The music throbbed with the prince’s peril. Not only a single, lordly man lay at
the enemy’s feet, the whole city and all the people in it faced merciless
annihilation.

“He came, the hero, on a horse with flying mane.”

Riannon dropped from the saddle and fought her way to the prince’s body. His
face was mangled and bleeding. His helm carved in two. But his blue eyes were
still open and seeing. Riannon stood over him. The imperial general’s tattoo
twitched as he shouted and sliced his sword down in front of her. Not touching
her. But carving her open with pain so searing that it numbed. That momentary
gap between act and comprehension. She was already moving. Lifting her sword.
Throwing herself at him. He could not swing his unnatural blade, but it sliced
into her all the same as she shoved the edge of her sword up across the side of
his unprotected neck. His warm blood fountained over them both. She crumpled.
Someone carried her back to the city.

“Foe felled and sent to his powerless gods,” the troubadour sang. “The city
saved by the single stroke of a hero.”

Prince Roland leaned over her, his gallant blood staining the bandages swathing
his face. Men had to hold him upright.
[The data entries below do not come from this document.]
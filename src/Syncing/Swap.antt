-- ===== src/Syncing/Swap.antt =====
-- replacePVC and the two updates of the status around it.
use mathlib.Core.List.{Memᴰ}
use mathlib.Core.Path.{subst₂}
use migcontroller.Prelude.{
  ℕ, zero, suc, String, ◌≡◌, refl, sym, inl, inr, some, [], ◌∷◌, ◌==◌, if◌then◌else◌,
}
use migcontroller.Objects.{GoError, ok, err, is_not_found, Pvc, wrap}
use migcontroller.VolumeResize.{VolumeResize}
use migcontroller.Call.{Lib, pvc_get, pvc_create, pvc_delete}
use migcontroller.Prog.{Prog, Log, ret, stop, ask, ◌>>=◌, attempt}
use migcontroller.Prog.Safe.{
  Spec, inside, Safe, Extends, same, later, Has-Extends, Extends-trans, Safe-bind, Safe-if,
  Safe-attempt, Safe-try, OnOk,
}
use migcontroller.Pvc.{
  get_pvc, wait_for_pvc_deletion, release_temp_pvc, bind_new_pvc, new_pvc_object, replace_pvc,
}
use migcontroller.Names.{get_original_pvc_name, get_temp_pvc_name}
use migcontroller.Syncing.Guard.{
  Has, Target, IsOf, sync_spec, IsRetained, KeepsVolume, MayDeleteClaim, IsOver, original_name,
  temp_name,
}
use migcontroller.Syncing.Claims.{get_pvc-Safe, KeepsVolume-Extends}

pub IsOver-Extends :
    (t : Target) (namespace : String) {l m : Log}
    → IsOver t namespace l
    → Extends l m
    → IsOver t namespace m
IsOver-Extends t namespace (name, k, seen, inl (pod, y, h, e)) x =
    (name, k, seen, inl (pod, Extends-trans y x, Has-Extends h x, e))
IsOver-Extends t namespace (name, k, seen, inr (inl (e, y))) x =
    (name, k, seen, inr (inl (e, Extends-trans y x)))
IsOver-Extends t namespace (name, k, seen, inr (inr (pod, y, e))) x =
    (name, k, seen, inr (inr (pod, Extends-trans y x, e)))

-- A claim with the original name and the new size was created.
abbrev pub IsCreated : Target → Log → Type 0
IsCreated t l =
    (p : Pvc) × (stored : Pvc) × (p.meta.name ≡ original_name t)
    × (p.requests ≡ some (("storage", t.vol.new_size) ∷ []))
    × Has l (pvc_create p) (ok stored)

module _ (lib : Lib) (t : Target) where
  -- the same demands in a function that returns an error
  abbrev pub inner : Spec GoError
  inner = inside (sync_spec lib t) (λ l e. Unit {0})

  wait_for_pvc_deletion-Safe :
      (rounds : ℕ) (l : Log) (message namespace name : String)
      → Safe inner l
          (wait_for_pvc_deletion rounds message namespace name)
          (λ l' r. OnOk r (λ _. Unit {0}))
  unfolding wait_for_pvc_deletion
  wait_for_pvc_deletion-Safe zero l message namespace name = tt
  wait_for_pvc_deletion-Safe (suc rounds) l message namespace name = (
    tt,
    elim [
      | ok p ↦ λ _. (
        tt,
        elim [
          | ok u ↦ λ _. wait_for_pvc_deletion-Safe rounds _ message namespace name
          | err e ↦ λ _. tt
        ],
      )
      | err e ↦ λ _. Safe-if inner _ (is_not_found e) _ _ _ (λ _. tt) (λ _. tt)
    ],
  )

  pub tolerated :
      (l : Log) (message : String) (e : GoError)
      → Safe inner l
          (if is_not_found e then ret tt else stop (wrap message e))
          (λ l' (_ : Unit {0}). Unit {0})
  tolerated l message e = Safe-if inner l (is_not_found e) _ _ _ (λ _. tt) (λ _. tt)

  may_delete_temp :
      (l : Log) (temp : Pvc)
      → Has l (pvc_get t.namespace (temp_name t)) (ok temp)
      → IsRetained temp.volume_name l
      → MayDeleteClaim t l temp.meta.namespace temp.meta.name
  may_delete_temp l temp read kept =
      (temp, temp_name t, inr refl, read, refl, refl, (temp, read, kept))

  release_temp_pvc-Safe :
      (l : Log)
      → KeepsVolume t.namespace (original_name t) l
      → IsOver t t.namespace l
      → Safe inner l
          (release_temp_pvc t.namespace (original_name t) (temp_name t))
          (λ l' claims. Has l' (pvc_get t.namespace (original_name t)) (ok claims.1))
  unfolding release_temp_pvc
  release_temp_pvc-Safe l kept over =
      Safe-try inner l (get_pvc t.namespace (temp_name t)) _ _
        (λ l' p. Has l' (pvc_get t.namespace (temp_name t)) (ok p)) _
        (get_pvc-Safe inner l t.namespace (temp_name t) tt) (λ _ _ _. tt)
        (λ l₁ temp x₁ read_temp.
          Safe-bind inner l₁ (if temp.volume_name == "" then _ else _) _ (λ _ _. Unit {0}) _
            (Safe-if inner l₁ (temp.volume_name == "") _ _ _ (λ _. tt) (λ _. tt))
            (λ l₂ _ x₂ _.
              Safe-try inner l₂ (get_pvc t.namespace (original_name t)) _ _
                (λ l' p. Has l' (pvc_get t.namespace (original_name t)) (ok p)) _
                (get_pvc-Safe inner l₂ t.namespace (original_name t) tt) (λ _ _ _. tt)
                (λ l₃ original x₃ read. (
                  tt,
                  elim [
                    | err e ↦ λ _. tt
                    | ok pv ↦ λ _. (
                      tt,
                      elim [
                        | err e ↦ λ _. tt
                        | ok stored ↦ λ _.
                            Safe-try inner _ (ask (pvc_delete temp.meta.namespace temp.meta.name)) _
                              _ (λ _ _. Unit {0}) _
                              (
                                (
                                  may_delete_temp _ temp
                                      (Has-Extends read_temp
                                        (Extends-trans x₂ (Extends-trans x₃ (later (later same)))))
                                      (
                                        pv,
                                        Memᴰ.tail (Memᴰ.head refl),
                                        inr (stored, Memᴰ.head refl),
                                      ),
                                  IsOver-Extends t t.namespace over (
                                      Extends-trans x₁
                                        (Extends-trans x₂ (Extends-trans x₃ (later (later same))))),
                                ),
                                elim [ ok u ↦ λ _. tt | err e ↦ λ _. tt ],
                              )
                              (λ l' e _. tolerated l' _ e)
                              (λ l₄ _ x₄ _.
                                Safe-try inner l₄ (wait_for_pvc_deletion 60 _ _ _) _ _
                                  (λ _ _. Unit {0}) _ (wait_for_pvc_deletion-Safe 60 l₄ _ _ _)
                                  (λ _ _ _. tt)
                                  (λ l₅ _ x₅ _.
                                    Has-Extends read
                                      (Extends-trans (later (later same)) (Extends-trans x₄ x₅))))
                      ],
                    )
                  ],
                ))))

  bind_new_pvc-Safe :
      (l : Log) (temp original : Pvc)
      → Has l (pvc_get t.namespace (original_name t)) (ok original)
      → KeepsVolume t.namespace (original_name t) l
      → IsOver t t.namespace l
      → Safe inner l
          (bind_new_pvc t.namespace (original_name t) t.vol temp original)
          (λ l' _. IsCreated t l')
  unfolding bind_new_pvc
  bind_new_pvc-Safe l temp original read kept over = (
    tt,
    elim [
      | err e ↦ λ _. tt
      | ok pv ↦ λ _. (
        tt,
        elim [
          | err e ↦ λ _. tt
          | ok stored ↦ λ _.
              Safe-try inner _ (ask (pvc_delete original.meta.namespace original.meta.name)) _ _
                (λ _ _. Unit {0}) _
                (
                  (
                    (
                      original,
                      original_name t,
                      inl refl,
                      Has-Extends read (later (later same)),
                      refl,
                      refl,
                      KeepsVolume-Extends t.namespace (original_name t) kept (later (later same)),
                    ),
                    IsOver-Extends t t.namespace over (later (later same)),
                  ),
                  elim [ ok u ↦ λ _. tt | err e ↦ λ _. tt ],
                )
                (λ l' e _. tolerated l' _ e)
                (λ l₁ _ x₁ _.
                  Safe-try inner l₁ (wait_for_pvc_deletion 60 _ _ _) _ _ (λ _ _. Unit {0}) _
                    (wait_for_pvc_deletion-Safe 60 l₁ _ _ _) (λ _ _ _. tt)
                    (λ l₂ _ x₂ _. (
                      tt,
                      elim [
                        | err e ↦ λ _. tt
                        | ok new_pvc ↦ λ _. (
                          new_pvc_object t.namespace (original_name t) temp original t.vol,
                          new_pvc,
                          refl,
                          refl,
                          Memᴰ.head refl,
                        )
                      ],
                    )))
        ],
      )
    ],
  )

module _ (lib : Lib) (t : Target) where
  pub replace_pvc-Safe :
      (l : Log) (vr : VolumeResize)
      → IsOf t vr
      → KeepsVolume t.namespace (original_name t) l
      → IsOver t t.namespace l
      → Safe
          (sync_spec lib t)
          l
          (replace_pvc vr t.vol t.replica)
          (λ l' r. OnOk r (λ _. IsCreated t l'))
  unfolding replace_pvc
  replace_pvc-Safe l vr of kept over = subst₂ at_names (sym of.namespace) (sym of.sts_name) (
      Safe-attempt (sync_spec lib t) l (steps t.namespace t.sts_name)
        (λ l' r. OnOk r (λ _. IsCreated t l'))
        (Safe-bind (inner lib t) l (release_temp_pvc t.namespace (original_name t) (temp_name t)) _
          (λ l' claims. Has l' (pvc_get t.namespace (original_name t)) (ok claims.1)) _
          (release_temp_pvc-Safe lib t l kept over)
          (λ l₁ claims x₁ read.
            bind_new_pvc-Safe lib t l₁ claims.0 claims.1 read
              (KeepsVolume-Extends t.namespace (original_name t) kept x₁)
              (IsOver-Extends t t.namespace over x₁))))
    where
      steps : String → String → Prog GoError (Unit {0})
      steps n k =
          release_temp_pvc n (get_original_pvc_name t.vol.name k t.replica)
            (get_temp_pvc_name t.vol.name k t.replica)
          >>= λ claims.
              bind_new_pvc n (get_original_pvc_name t.vol.name k t.replica) t.vol claims.0 claims.1

      at_names : String → String → Type 0
      at_names n k =
          Safe (sync_spec lib t) l (attempt (steps n k)) (λ l' r. OnOk r (λ _. IsCreated t l'))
He gripped her shoulder feebly. “Be thou
a knight.” He had no strength to buffet her. An anonymous anguished gasp sounded
from behind the failing prince when Roland set on her chest his own dagger of
membership of the Order of the Star. He knew he was going to Atuan, god of
heroes, and would have no more need of mortal symbols. “Be true. Be just.”

The lute strummed a final chord. “Vahldomne!”

Riannon shuddered back to the present. One of her hands pressed her chest as she
had when the wounds were fresh. The hall throbbed with silence.